Still, the human questions that religion seeks to illuminate are poignant, and the vehemence with which atheists often reject what may be a childlike approach to moral questions sometimes seems to mask a contempt for the moral questions themselves.  There's no question there's contempt for those who turn to religion to answer them. You can picture some of these guys grabbing little kids, shaking them by the shoulders and screaming "Look, kid, there is no Santa Claus!"  And then cackling as the child flees in tears. 

Some atheists, with their insistence on stark rationalism (something even a cursory examination of the history of scientific inquiry clearly shows man is incapable of), seem as stuck in first gear as the believers they revile.

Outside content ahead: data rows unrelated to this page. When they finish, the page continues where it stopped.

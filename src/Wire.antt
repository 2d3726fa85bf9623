-- ===== src/Wire.antt =====
-- `ToProto` and `New…FromProto` of pkg/types: how a container request gets from the gateway to a
-- worker. `none` is a panic: the code reads through a nil pointer.
pub mod Messages
pub mod Parts
pub mod Stubs
pub mod Received
pub mod Trip
use beta.Base.{ℕ, String, Bool, true, false, ◌||◌, Option, none, some, [], map, if◌then◌else◌}
use beta.Types.{ContainerRequest}
use beta.Types.Related.{BuildOptions, Workspace, StubWithRelated}
use beta.Wire.Messages.{PbBuildOptions, PbContainerRequest, PbWorkspace, PbStubWithRelated}
use beta.Wire.Parts.{
  get_string_or_default, get_pointer_or_nil, mapped, ◌>>=?◌, mount_to_proto, new_mount_from_proto,
  workspace_to_proto, new_workspace_from_proto,
}
use beta.Wire.Stubs.{
  related_to_proto, new_related_from_proto, checkpoint_to_proto, new_checkpoint_from_proto,
}

abbrev pub is_set : Option String → Bool
is_set none = false
is_set (some s) = true

unfoldable pub is_build_request : ContainerRequest → Bool
is_build_request c = is_set c.build_options.source_image || is_set c.build_options.dockerfile

unfoldable pub build_options_to_proto : BuildOptions → PbBuildOptions
build_options_to_proto b = record {
  source_image = get_string_or_default b.source_image;
  dockerfile = get_string_or_default b.dockerfile;
  build_ctx_object = get_string_or_default b.build_ctx_object;
  source_image_creds = b.source_image_creds;
  build_secrets = b.build_secrets;
}

abbrev pub zero_build_options : BuildOptions
zero_build_options = record {
  source_image = none;
  dockerfile = none;
  build_ctx_object = none;
  source_image_creds = "";
  build_secrets = [];
}

abbrev pub build_options_of : Option PbBuildOptions → BuildOptions
build_options_of none = zero_build_options
build_options_of (some b) = record {
  source_image = get_pointer_or_nil b.source_image;
  dockerfile = get_pointer_or_nil b.dockerfile;
  build_ctx_object = get_pointer_or_nil b.build_ctx_object;
  source_image_creds = b.source_image_creds;
  build_secrets = b.build_secrets;
}

-- `GetTimestamp().AsTime()`
abbrev pub timestamp_of : Option ℕ → ℕ
timestamp_of none = 0
timestamp_of (some t) = t

-- `CostPerMs` and `ConfigPath` are not set.
abbrev pub request_message : ContainerRequest → PbWorkspace → PbStubWithRelated → PbContainerRequest
request_message c workspace stub = record {
  container_id = c.container_id;
  entry_point = c.entry_point;
  env = c.env;
  cpu = c.cpu;
  memory = c.memory;
  gpu = c.gpu;
  gpu_request = c.gpu_request;
  gpu_count = c.gpu_count;
  image_id = c.image_id;
  stub_id = c.stub_id;
  app_id = c.app_id;
  workspace_id = c.workspace_id;
  pool_selector = c.pool_selector;
  preemptable = c.preemptable;
  image_credentials = c.image_credentials;
  ports = c.ports;
  checkpoint_enabled = c.checkpoint_enabled;
  build_registry_credentials = c.build_registry_credentials;
  block_network = c.block_network;
  allow_list = c.allow_list;
  docker_enabled = c.docker_enabled;
  mounts = map mount_to_proto c.mounts;
  workspace = some workspace;
  stub = some stub;
  retry_count = c.retry_count;
  timestamp = some c.timestamp;
  build_options =
      if is_build_request c then some (build_options_to_proto c.build_options) else none;
  checkpoint = mapped checkpoint_to_proto c.checkpoint;
  cost_per_ms = 0;
  config_path = "";
}

unfoldable pub request_to_proto : ContainerRequest → Option PbContainerRequest
request_to_proto c = workspace_to_proto c.workspace >>=? λ workspace.
    related_to_proto c.stub >>=? λ stub. some (request_message c workspace stub)

-- `RetryCount` is not read.
abbrev pub request_of : PbContainerRequest → Workspace → StubWithRelated → ContainerRequest
request_of p workspace stub = record {
  container_id = p.container_id;
  entry_point = p.entry_point;
  env = p.env;
  cpu = p.cpu;
  memory = p.memory;
  gpu = p.gpu;
  gpu_request = p.gpu_request;
  gpu_count = p.gpu_count;
  image_id = p.image_id;
  stub_id = p.stub_id;
  app_id = p.app_id;
  workspace_id = p.workspace_id;
  pool_selector = p.pool_selector;
  preemptable = p.preemptable;
  image_credentials = p.image_credentials;
  ports = p.ports;
  checkpoint_enabled = p.checkpoint_enabled;
  build_registry_credentials = p.build_registry_credentials;
  block_network = p.block_network;
  allow_list = p.allow_list;
  docker_enabled = p.docker_enabled;
  mounts = map new_mount_from_proto p.mounts;
  workspace = workspace;
  stub = stub;
  retry_count = 0;
  timestamp = timestamp_of p.timestamp;
  build_options = build_options_of p.build_options;
  checkpoint = mapped new_checkpoint_from_proto p.checkpoint;
  cost_per_ms = 0;
  config_path = "";
}

unfoldable pub new_container_request_from_proto : PbContainerRequest → Option ContainerRequest
new_container_request_from_proto p = p.workspace >>=? λ workspace. p.stub >>=? λ message.
    new_related_from_proto message >>=? λ stub.
    some (request_of p (new_workspace_from_proto workspace) stub)
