-- ===== src/Futures/Lifecycle/Diagram.antt =====
-- The transition diagram of a research run, and that every transaction follows it.
use zhigu.Base.{
  ℕ, ◌≤◌, ◌≡◌, refl, ◌⊎◌, inl, inr, true, List, [], ◌∷◌, Related, Related-refl, Related-update,
  Related-update_known, arith, update,
}
use zhigu.Futures.Store.{
  Status, Run, Store, queued, running, succeeded, failed, canceling, canceled,
}
use zhigu.Futures.Run.{is_executing, in_flight, owned}
use zhigu.Futures.Create.{new_run}
use zhigu.Futures.Lifecycle.Edits.{
  Edit, stay, claims, creates, renews, stages, fails, acknowledges, expires, completes,
  cancels_queued, requests_cancel, expire_edit,
}
use zhigu.Futures.Lifecycle.Steps.{Step, Step-Edit}

infix 40 ◌⟶◌
pub data ◌⟶◌ : Status → Status → Type 0 where
  claimed : queued ⟶ running
  timed_out : queued ⟶ failed
  withdrawn : queued ⟶ canceled
  succeeds : {st : Status} → is_executing st ≡ true → st ⟶ succeeded
  fails_ : {st : Status} → is_executing st ≡ true → st ⟶ failed
  asked_to_stop : {st : Status} → is_executing st ≡ true → st ⟶ canceling
  acknowledged : canceling ⟶ canceled

-- Who a run belongs to never changes.
pub record SameRun (r t : Run) : Type 0 where
  pub id : t.id ≡ r.id
  pub owner_id : t.owner_id ≡ r.owner_id
  pub mode : t.mode ≡ r.mode
  pub created_at : t.created_at ≡ r.created_at
  pub deleted_at : t.deleted_at ≡ r.deleted_at
  pub generation : r.generation ≤ t.generation
  pub version : r.version ≤ t.version

-- The run stays in its status or takes one edge of the diagram.
abbrev pub Evolves : Run → Run → Type 0
Evolves r t = SameRun r t × ((t.status ≡ r.status) ⊎ (r.status ⟶ t.status))

ruleset edges = (claimed, timed_out, withdrawn, succeeds, fails_, asked_to_stop, acknowledged)

Evolves-refl : (r : Run) → Evolves r r
Evolves-refl r = ground arith

expire_edit-Evolves : (now : ℕ) (rs : List Run) → Related Evolves rs (expire_edit now rs)
unfolding update
expire_edit-Evolves now [] = tt
expire_edit-Evolves now (r ∷ rs) = (grind (arith, edges), expire_edit-Evolves now rs)

-- Every run evolves, and at most one new run is queued.
abbrev pub Advances : List Run → List Run → Type 0
Advances rs qs =
    Related Evolves rs qs
    ⊎ ((r : Run) × (ps : List Run) × (qs ≡ r ∷ ps) × (r.status ≡ queued) × Related Evolves rs ps)

pub Edit-Advances : {offset : ℕ} {rs qs : List Run} → Edit offset rs qs → Advances rs qs
Edit-Advances {rs} (creates run_id me key input draft now fresh free today) =
    inr
      (new_run run_id me key input draft now, rs, refl, refl, Related-refl Evolves rs Evolves-refl)
Edit-Advances {rs} stay = inl (Related-refl Evolves rs Evolves-refl)
Edit-Advances {rs} (claims lease_owner now run free one) =
    inl (Related-update Evolves _ _ rs Evolves-refl (λ r e. grind (arith, edges)))
Edit-Advances {rs} (renews me run_id lease_owner generation now) =
    inl (Related-update Evolves _ _ rs Evolves-refl (λ r e. grind (arith, edges)))
Edit-Advances {rs} (stages me run_id generation st now) =
    inl (Related-update Evolves _ _ rs Evolves-refl (λ r e. grind (arith, edges)))
Edit-Advances {rs} (fails me run_id generation code now) =
    inl (Related-update Evolves _ _ rs Evolves-refl (λ r e. grind (arith, edges)))
Edit-Advances {rs} (acknowledges me run_id now) =
    inl (Related-update Evolves _ _ rs Evolves-refl (λ r e. grind (arith, edges)))
Edit-Advances {rs} (expires now) = inl (expire_edit-Evolves now rs)
Edit-Advances {rs} (completes me run_id generation report now) =
    inl (Related-update Evolves _ _ rs Evolves-refl (λ r e. grind (arith, edges)))
Edit-Advances {rs} (cancels_queued me run_id now) =
    inl (Related-update Evolves _ _ rs Evolves-refl (λ r e. grind (arith, edges)))
Edit-Advances {rs} (requests_cancel me run_id now live) = inl (
    Related-update_known (λ r. owned me run_id r ≡ true → in_flight r.status ≡ true) Evolves _ _ rs
      Evolves-refl (λ r e q. grind (arith, edges, q e)) live)

-- Every transaction moves every run along the diagram, by one edge at most.
pub Step-Advances : {offset : ℕ} {s t : Store} → Step offset s t → Advances s.runs t.runs
Step-Advances st = Edit-Advances (Step-Edit st)
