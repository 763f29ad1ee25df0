-- ===== src/Futures/Lifecycle/Expiry.antt =====
-- What ExpireStaleRuns leaves behind, and how a renewed lease protects a run.
use zhigu.Base.{
  ℕ, ◌+◌, ◌≤◌, ◌≡◌, refl, ap, ap₂, Bool, true, false, ◌&&◌, ◌||◌, List, [], ◌∷◌, map, String,
  update, update-All, All, if◌then◌else◌, null_lt, ok, arith,
}
use zhigu.Futures.Store.{Run, Store, Identity}
use zhigu.Futures.Run.{
  lease_duration, executing_as, leased_to, renew_run_lease, fail_row, cancel_row, queue_expired,
  cancel_expired, execution_expired, expire_stale_runs,
}
use zhigu.Futures.Lifecycle.Runs.{update_one-runs}

-- One pass over a row: the fate of a run whose time is over.
abbrev pub settle_row : ℕ → Run → Run
settle_row now r =
    if queue_expired now r
    then fail_row "FUTURES_QUEUE_TIMEOUT" now r
    else if cancel_expired now r
    then cancel_row now r
    else if execution_expired now r
    then fail_row "FUTURES_EXECUTION_TIMEOUT" now r
    else r

settle_rows :
    (now : ℕ) (rs : List Run)
    → update (execution_expired now) (fail_row "FUTURES_EXECUTION_TIMEOUT" now) (
        update
          (cancel_expired now)
          (cancel_row now)
          (update (queue_expired now) (fail_row "FUTURES_QUEUE_TIMEOUT" now) rs))
      ≡ map (settle_row now) rs
unfolding update
settle_rows now [] = refl
settle_rows now (r ∷ rs) = ap₂ ◌∷◌ (ground arith) (settle_rows now rs)

-- The three updates amount to one pass: a visible queued run past its deadline fails, a canceling one
-- past its lease or deadline is canceled, an executing one past either fails, and every other run is
-- left as it was. No table but futures_runs changes.
pub expire_stale_runs-map :
    (now : ℕ) (s : Store)
    → expire_stale_runs now s ≡ record s { runs = map (settle_row now) s.runs }
unfolding expire_stale_runs
expire_stale_runs-map now s = ap (λ rs. record s { runs = rs }) (settle_rows now s.runs)

abbrev pub is_stale : ℕ → Run → Bool
is_stale now r = queue_expired now r || cancel_expired now r || execution_expired now r

-- A run whose lease was renewed at `now` outlives every expiry until the lease ends, unless its own
-- deadline has passed.
pub renew_run_lease-protects :
    (me : Identity) (run_id lease_owner : String) (generation now later : ℕ) (s : Store) {t : Store}
    → renew_run_lease me run_id lease_owner generation now s ≡ ok t
    → later ≤ now + lease_duration
    → All
        (λ r.
          (executing_as me run_id generation r && leased_to lease_owner r) ≡ true
          → null_lt r.deadline_at later ≡ false
          → settle_row later r ≡ r)
        t.runs
unfolding renew_run_lease
renew_run_lease-protects me run_id lease_owner generation now later s h le =
    let (_, moved) = update_one-runs _ _ s h in
    rw moved (update-All _ _ _ s.runs (λ r e live d. ground arith) (λ r e live d. cc))
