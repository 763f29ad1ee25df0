-- ===== src/Futures/Lifecycle/Invariant.antt =====
-- What holds of every research run between two transactions.
use zhigu.Base.{
  is_some, ℕ, ◌≡◌, Bool, true, false, none, List, All, All-update, All-update_known, arith,
}
use zhigu.Futures.Store.{
  Status, Run, Store, queued, succeeded, failed, canceling, canceled, complete,
}
use zhigu.Futures.Run.{
  owned, is_executing, in_flight, is_terminal, fail_row, cancel_row, queue_expired, cancel_expired,
  execution_expired,
}
use zhigu.Futures.Lifecycle.Edits.{
  Edit, stay, claims, creates, renews, stages, fails, acknowledges, expires, completes,
  cancels_queued, requests_cancel, expire_edit,
}
use zhigu.Futures.Lifecycle.Steps.{Step, Step-Edit}

-- CancelRun leaves its mark on these.
abbrev pub is_withdrawn : Status → Bool
is_withdrawn canceling = true
is_withdrawn canceled = true
is_withdrawn _ = false

-- A run is claimed at most once: its generation is 1 until then, and 2 from then on.
pub record RowInv (r : Run) : Type 0 where
  pub unclaimed : r.status ≡ queued → (r.generation ≡ 1) × (r.lease_owner ≡ none)
  pub claimed_once : is_executing r.status ≡ true → r.generation ≡ 2
  pub leased :
      is_executing r.status ≡ true
      → (is_some r.lease_until ≡ true)
        × (is_some r.lease_owner ≡ true)
        × (is_some r.deadline_at ≡ true)
  pub withdrawn : r.cancel_requested ≡ is_withdrawn r.status
  pub finished : is_terminal r.status ≡ true → r.stage ≡ complete
  pub failure_coded : r.status ≡ failed → is_some r.failure_code ≡ true
  pub failure_only : is_some r.failure_code ≡ true → r.status ≡ failed
  pub reported : r.status ≡ succeeded → is_some r.report ≡ true
  pub reported_only : is_some r.report ≡ true → r.status ≡ succeeded

expire_edit-RowInv : (now : ℕ) (rs : List Run) → All RowInv rs → All RowInv (expire_edit now rs)
expire_edit-RowInv now rs h =
    All-update RowInv (execution_expired now) (fail_row "FUTURES_EXECUTION_TIMEOUT" now) _
      (λ r e v. ground arith)
      (All-update RowInv (cancel_expired now) (cancel_row now) _ (λ r e v. ground arith)
        (All-update RowInv (queue_expired now) (fail_row "FUTURES_QUEUE_TIMEOUT" now) rs
          (λ r e v. ground arith) h))

Edit-RowInv : {offset : ℕ} {rs qs : List Run} → Edit offset rs qs → All RowInv rs → All RowInv qs
Edit-RowInv stay h = h
Edit-RowInv {rs} (claims lease_owner now run free one) h =
    All-update RowInv _ _ rs (λ r e v. ground arith) h
Edit-RowInv (creates run_id me key input draft now fresh free today) h = (ground arith, h)
Edit-RowInv {rs} (renews me run_id lease_owner generation now) h =
    All-update RowInv _ _ rs (λ r e v. ground arith) h
Edit-RowInv {rs} (stages me run_id generation st now) h =
    All-update RowInv _ _ rs (λ r e v. ground arith) h
Edit-RowInv {rs} (fails me run_id generation code now) h =
    All-update RowInv _ _ rs (λ r e v. ground arith) h
Edit-RowInv {rs} (acknowledges me run_id now) h = All-update RowInv _ _ rs (λ r e v. ground arith) h
Edit-RowInv {rs} (expires now) h = expire_edit-RowInv now rs h
Edit-RowInv {rs} (completes me run_id generation report now) h =
    All-update RowInv _ _ rs (λ r e v. ground arith) h
Edit-RowInv {rs} (cancels_queued me run_id now) h =
    All-update RowInv _ _ rs (λ r e v. ground arith) h
Edit-RowInv {rs} (requests_cancel me run_id now live) h =
    All-update_known (λ r. owned me run_id r ≡ true → in_flight r.status ≡ true) RowInv _ _ rs
      (λ r e q v. ground (arith, q e)) live h

-- Every transaction keeps the invariant of every run.
pub Step-RowInv :
    {offset : ℕ} {s t : Store} → Step offset s t → All RowInv s.runs → All RowInv t.runs
Step-RowInv st h = Edit-RowInv (Step-Edit st) h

Humanism seems to me a healthy alternative, for which atheism may but need not be a starting point but is certainly not the end point.  In A Preface to Morals, the great Walter Lippmann describes the Fundamentalists and (F)lemmings of the world:
When a childish disposition is carried over into an adult environment the result is a radically false valuation of that environment. The symptoms are fairly evident. They may appear as a disposition to feel that everything which happens to a man has an internal relation to himself; life becomes a kind of conspiracy to make him happy or to make him miserable. In either case it is thought to be deeply concerned with his destiny. The childish pattern appears also as a deep sense that life owes him something, that somehow it is the duty of the universe to look after him, and to listen sharply when he speaks to it. The notion that the universe is full of purposes utterly unknown to him, utterly indifferent to him, is as outrageous to one who is imperfectly matured as would be the conduct of a mother who forgot to give a hungry child its lunch. The childish pattern appears also as a disposition to believe that he may reach out for anything in sight and take it, and that having gotten it nobody must under any circumstances take it away. Death and decay are, therefore, almost an insult, a kind of mischief in the nature of things, which ought not to be there, if everything only behaved as good little boys believe it should. There is indeed authority for the belief that we are all being punished for the naughtiness of our first grandmother, that work and trouble and death would not really be there to plague us but for her unhappy transgression;that by rights we ought to live in paradise and have everything we want for ever and ever.
At some point you have to grow up. For those who need help with this, a hint: the process usually starts with not blaming others for the fact that you haven't yet.